▶ **Extracted data**
----
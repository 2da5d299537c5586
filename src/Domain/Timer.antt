-- ===== src/Domain/Timer.antt =====
-- engine-core/src/domain/timer.rs: timer definitions and their next expiry.
pub mod Expiry
use mini_bpm_engine.Prelude.{
  ℕ, ◌+◌, ◌*◌, ◌-◌, ◌^◌, String, Bool, true, false, Option, none, some, ltb, leb, if◌then◌else◌,
}

-- Durations and points in time are nanoseconds; times count from chrono's earliest date.
pub data TimerDefinition : Type 0 where
  duration : ℕ → TimerDefinition
  absolute_date : ℕ → TimerDefinition
  cron_cycle : (expression : String) (max_repetitions : Option ℕ) → TimerDefinition
  repeating_interval : (repetitions : Option ℕ) (interval : ℕ) → TimerDefinition

-- What the code uses of the croner crate: parsing an expression and its first occurrence strictly
-- after a time, `none` where either fails.
pub record Cron : Type 0 where
  pub find_next_occurrence : String → ℕ → Option ℕ

-- `chrono::Duration::from_std`: durations up to `i64::MAX` milliseconds.
abbrev pub from_std : ℕ → Option ℕ
from_std d = if leb d ((2 ^ 63 - 1) * 1000000) then some d else none

unfoldable pub next_expiry : Cron → TimerDefinition → ℕ → Option ℕ
next_expiry cron (duration dur) now = elim (from_std dur) [ none ↦ none | some d ↦ some (now + d) ]
next_expiry cron (absolute_date dt) now = if ltb now dt then some dt else none
next_expiry cron (cron_cycle expression r) now = cron.find_next_occurrence expression now
next_expiry cron (repeating_interval r interval) now = elim (from_std interval) [
  | none ↦ none
  | some d ↦ some (now + d)
]

unfoldable pub is_recurring : TimerDefinition → Bool
is_recurring (cron_cycle e r) = true
is_recurring (repeating_interval r i) = true
is_recurring _ = false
----
▶ **Task to complete**
Using the material above, return every line that holds the string "true".

▶ **Output of the exercise**
  ℕ, ◌+◌, ◌*◌, ◌-◌, ◌^◌, String, Bool, true, false, Option, none, some, ltb, leb, if◌then◌else◌,
is_recurring (cron_cycle e r) = true
is_recurring (repeating_interval r i) = true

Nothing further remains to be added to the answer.